Yoghurt adalah salah satu sumber probiotik terbaik, bakteri “baik” yang membantu menyeimbangkan populasi bakteri pada saluran pencernaan.

konsumsi yogurt untuk mengurangi anxiety


Semakin banyak penelitian telah menunjukkan bahwa mikrobiota usus (triliunan mikroorganisme dalam usus yang melakukan fungsi penting dalam sistem kekebalan tubuh dan metabolisme) dapat membantu mengatur fungsi otak melalui sesuatu sistem yang disebut "poros usus otak". Namun, peneliti lain ada yang mengatakan bahwa yogurt kurang bermanfaat bagi usus.
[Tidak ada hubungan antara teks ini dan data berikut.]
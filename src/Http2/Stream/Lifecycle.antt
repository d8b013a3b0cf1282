-- ===== src/Http2/Stream/Lifecycle.antt =====
-- The state machine of src/KernelHttpLib/http2/Http2Stream.cpp over any sequence of events.
use win_kernel_http.Common.{ℕ, List, [], ◌∷◌, ◌≡◌, Bool, true, arith, ◌⊎◌}
use win_kernel_http.Common.Status.{ok, err, invalid_device_state}
use win_kernel_http.Http2.Stream.{
  StreamState, closed, half_closed_local, half_closed_remote, Stream, send_data, receive_data,
  increase_remote_window, increase_local_window, adjust_remote_window, Event, sends_headers,
  receives_headers, apply, after, run, send_headers, receive_headers, close,
}

-- This side has sent END_STREAM, or the stream is closed.
abbrev pub IsSendDone : StreamState → Type 0
IsSendDone st = (st ≡ half_closed_local) ⊎ (st ≡ closed)

-- The peer has sent END_STREAM, or the stream is closed.
abbrev pub IsReceiveDone : StreamState → Type 0
IsReceiveDone st = (st ≡ half_closed_remote) ⊎ (st ≡ closed)

apply-IsSendDone :
    (e : Event) (s : Stream) → IsSendDone s.state → IsSendDone (after (apply e s) s).state
unfolding apply send_headers receive_headers send_data receive_data increase_remote_window
    increase_local_window adjust_remote_window close
apply-IsSendDone (sends_headers b) s h = ground arith
apply-IsSendDone (receives_headers b) s h = ground arith
apply-IsSendDone _ s h = ground arith

apply-IsReceiveDone :
    (e : Event) (s : Stream) → IsReceiveDone s.state → IsReceiveDone (after (apply e s) s).state
unfolding apply send_headers receive_headers send_data receive_data increase_remote_window
    increase_local_window adjust_remote_window close
apply-IsReceiveDone (sends_headers b) s h = ground arith
apply-IsReceiveDone _ s h = ground arith

run-IsSendDone : (es : List Event) (s : Stream) → IsSendDone s.state → IsSendDone (run es s).state
unfolding run
run-IsSendDone [] s h = h
run-IsSendDone (e ∷ es) s h = run-IsSendDone es _ (apply-IsSendDone e s h)

run-IsReceiveDone :
    (es : List Event) (s : Stream) → IsReceiveDone s.state → IsReceiveDone (run es s).state
unfolding run
run-IsReceiveDone [] s h = h
run-IsReceiveDone (e ∷ es) s h = run-IsReceiveDone es _ (apply-IsReceiveDone e s h)

refused_send :
    (n : ℕ) (b : Bool) (s : Stream)
    → IsSendDone s.state
    → (send_data n b s ≡ err invalid_device_state) × (send_headers b s ≡ err invalid_device_state)
unfolding send_data send_headers
refused_send n b s h = ground arith

refused_receive :
    (n : ℕ) (b : Bool) (s : Stream)
    → IsReceiveDone s.state
    → (receive_data n b s ≡ err invalid_device_state)
      × (receive_headers b s ≡ err invalid_device_state)
unfolding receive_data receive_headers
refused_receive n b s h = ground arith

ended_send :
    (n : ℕ) (s : Stream) {t : Stream}
    → (send_data n true s ≡ ok t) ⊎ (send_headers true s ≡ ok t)
    → IsSendDone t.state
unfolding send_data send_headers
ended_send n s h = ground arith

ended_receive :
    (n : ℕ) (s : Stream) {t : Stream}
    → (receive_data n true s ≡ ok t) ⊎ (receive_headers true s ≡ ok t)
    → IsReceiveDone t.state
unfolding receive_data receive_headers
ended_receive n s h = ground arith

-- After a DATA or HEADERS frame with END_STREAM was sent, and then any list of events, every
-- further DATA or HEADERS frame to send is refused.
pub end_stream_sent :
    (n m : ℕ) (b : Bool) (s : Stream) {t : Stream} (es : List Event)
    → (send_data n true s ≡ ok t) ⊎ (send_headers true s ≡ ok t)
    → (send_data m b (run es t) ≡ err invalid_device_state)
      × (send_headers b (run es t) ≡ err invalid_device_state)
end_stream_sent n m b s es h = refused_send m b _ (run-IsSendDone es _ (ended_send n s h))

-- After a DATA or HEADERS frame with END_STREAM was received, and then any list of events, every
-- further DATA or HEADERS frame to receive is refused.
pub end_stream_received :
    (n m : ℕ) (b : Bool) (s : Stream) {t : Stream} (es : List Event)
    → (receive_data n true s ≡ ok t) ⊎ (receive_headers true s ≡ ok t)
    → (receive_data m b (run es t) ≡ err invalid_device_state)
      × (receive_headers b (run es t) ≡ err invalid_device_state)
end_stream_received n m b s es h =
    refused_receive m b _ (run-IsReceiveDone es _ (ended_receive n s h))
Penelitian Konsumsi Yogurt Bisa Mengurangi Anxiety Atau Kecemasan

Sebuah tim peneliti Tiongkok dari Pusat Kesehatan Mental Shanghai di Sekolah Kedokteran Universitas Shanghai Jiao Tong berinisiatif untuk melakukan penelitian apakah ada bukti yang mendukung adanya kemajuan dalam mengurangi gejala anxiety atau kecemasan dengan mengatur mikrobiota usus.

Penelitian terbaru menunjukkan bahwa gangguan mental dapat diobati dengan melakukan hal tersebut, tetapi tidak ada bukti khusus untuk mendukung hal ini.
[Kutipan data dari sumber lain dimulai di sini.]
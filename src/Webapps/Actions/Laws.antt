-- ===== src/Webapps/Actions/Laws.antt =====
-- What the bulk edit of web apps sends.
use mathlib.Core.List.{append-nil}
use domain_ssl_checker.Webapps.Actions.{
  submit_bulk_edit, payload_of, BulkEditForm, BulkPayload, WebappAction, WebappActionState,
  sent_edit, webapps_reloaded, is_empty_payload,
}
use domain_ssl_checker.Forms.Numbers.{is_blank}
use domain_ssl_checker.Base.{
  List, Bool, ℕ, false, ◌&&◌, Text, ◌∷◌, true, trim, map, ◌≡◌, [], not, ◌++◌, arith, ◌||◌, ap, refl,
  all, if◌then◌else◌, Bool-cases, inl, inr, ◌∙◌,
}

-- The requests of an action.
abbrev pub edits_of : List WebappAction → List (ℕ × BulkPayload)
edits_of [] = []
edits_of (sent_edit id p ∷ es) = (id, p) ∷ edits_of es
edits_of (e ∷ es) = edits_of es

abbrev pub reloads : List WebappAction → Bool
reloads [] = false
reloads (webapps_reloaded ∷ es) = true
reloads (e ∷ es) = reloads es

-- Nothing is entered in the form.
abbrev pub is_untouched : BulkEditForm → Bool
is_untouched f =
    is_blank f.check_interval
    && is_blank (trim f.timeout)
    && not (f.make_active || f.make_inactive)
    && is_blank (trim f.tags)

edits-map :
    (ids : List ℕ) (p : BulkPayload) (es : List WebappAction)
    → edits_of (map (λ id. sent_edit id p) ids ++ es) ≡ map (λ id. (id, p)) ids ++ edits_of es
edits-map [] p es = refl
edits-map (id ∷ ids) p es = ap (◌∷◌ (id, p)) (edits-map ids p es)

reloads-map :
    (ids : List ℕ) (p : BulkPayload) (es : List WebappAction)
    → reloads (map (λ id. sent_edit id p) ids ++ es) ≡ reloads es
reloads-map [] p es = refl
reloads-map (id ∷ ids) p es = reloads-map ids p es

module _ (write : List Text → Text) where
  payload-untouched :
      (f : BulkEditForm) → is_empty_payload write (payload_of write f) ≡ is_untouched f
  unfolding payload_of
  payload-untouched f = ground arith

  -- A submission of the bulk edit with some web apps selected sends nothing if nothing was entered, and
  -- else the same entries for each of them, in their order. Only where something was entered and the
  -- server takes every request are the selection emptied, the dialog closed and the list loaded again.
  pub submit_bulk_edit_lem :
      (accepts : ℕ → Bool) (f : BulkEditForm) (id : ℕ) (ids : List ℕ) (is_open : Bool)
      → let s : WebappActionState = record { selected = id ∷ ids; edit_open = is_open } in
        let (after, es) = submit_bulk_edit write accepts f s in
        let done = not (is_untouched f) && all accepts s.selected in
        (edits_of es
          ≡ (if is_untouched f then [] else map (λ id. (id, payload_of write f)) s.selected))
        × (after.selected ≡ (if done then [] else s.selected))
        × (after.edit_open ≡ (if done then false else is_open))
        × (reloads es ≡ done)
  unfolding submit_bulk_edit
  submit_bulk_edit_lem accepts f id ids is_open =
      let p = payload_of write f in
      elim (Bool-cases (is_untouched f)) [
        | inl nothing ↦ rw (payload-untouched f, nothing) (refl, refl, refl, refl)
        | inr some_entry ↦ elim (Bool-cases (all accepts (id ∷ ids))) [
          | inl taken ↦
              rw (payload-untouched f, some_entry, taken)
                (edits-map (id ∷ ids) p _ ∙ append-nil _, refl, refl, reloads-map (id ∷ ids) p _)
          | inr refused ↦
              rw (payload-untouched f, some_entry, refused)
                (edits-map (id ∷ ids) p _ ∙ append-nil _, refl, refl, reloads-map (id ∷ ids) p _)
        ]
      ]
Tim peneliti melakukan kajian pada 21 studi kasus yang dijalankan pada 1.503 orang yang dipilih secara kolektif.

Dari 21 studi kasus tersebut, 14 studi kasus dipilih untuk menggunakan cara probiotik sebagai intervensi untuk mengatur mikrobiota usus (IRIF), dan 7 studi kasus dipilih untuk menggunakan cara non-probiotik, seperti menyesuaikan diet harian.

Mengurangi gejala Anxiety

Secara keseluruhan, 11 dari 21 penelitian menunjukkan efek positif pada gejala kecemasan dengan mengatur mikrobiota usus, meskipun beberapa penelitian yang menggunakan pendekatan ini tidak menemukan itu berhasil.

Dari 14 studi yang menggunakan probiotik sebagai intervensi, lebih dari sepertiga (36 persen) menyatakan bahwa mereka menjadi lebih bisa mengurangi gejala kecemasan.
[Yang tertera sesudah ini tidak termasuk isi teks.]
-- ===== src/Webapps/Actions/Tests.antt =====
-- The theorem on the bulk edit, at two web apps of which the server refuses one.
use domain_ssl_checker.Webapps.Actions.{
  submit_bulk_edit, payload_of, BulkEditForm, WebappActionState,
}
use domain_ssl_checker.Webapps.Actions.Laws.{submit_bulk_edit_lem, edits_of, reloads}
use domain_ssl_checker.Base.{codes, ◌∷◌, join, [], ◌==◌, false, true, ◌≡◌}

abbrev slower_form : BulkEditForm
slower_form = record {
  check_interval = codes "600";
  timeout = [];
  make_active = false;
  make_inactive = false;
  tags = codes "a, b";
}

abbrev two_webapps : WebappActionState
two_webapps = record { selected = 4 ∷ 9 ∷ []; edit_open = true }

submit_bulk_edit_example :
    let (after, es) = submit_bulk_edit (join (codes ",")) (λ id. id == 4) slower_form two_webapps in
    (edits_of es
      ≡ (4, payload_of (join (codes ",")) slower_form)
        ∷ (9, payload_of (join (codes ",")) slower_form)
        ∷ [])
    × (after.selected ≡ 4 ∷ 9 ∷ [])
    × (after.edit_open ≡ true)
    × (reloads es ≡ false)
submit_bulk_edit_example =
    submit_bulk_edit_lem (join (codes ",")) (λ id. id == 4) slower_form 4 (9 ∷ []) true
Sementara itu, enam dari  sisa tujuh studi yang menggunakan non-probiotik sebagai intervensi menyatakan bahwa mereka juga bisa efektif mengurangi gejala kecemasan.

Intervensi non-probiotik juga lebih efektif dalam studi yang menggunakan IRIF saja.

Dalam studi yang hanya menggunakan IRIF, 80 persen efektif ketika menggunakan intervensi non-probiotik, sementara hanya 45 persen lainnya merasa lebih efektif ketika menggunakan cara probiotik.

Para peneliti menyatakan satu alasan kenapa intervensi non-probiotik secara signifikan lebih efektif daripada intervensi probiotik adalah mungkin karena fakta bahwa mengubah pola makan dapat memiliki lebih banyak dampak pada pertumbuhan bakteri usus daripada memperkenalkan jenis bakteri tertentu dalam suplemen probiotik.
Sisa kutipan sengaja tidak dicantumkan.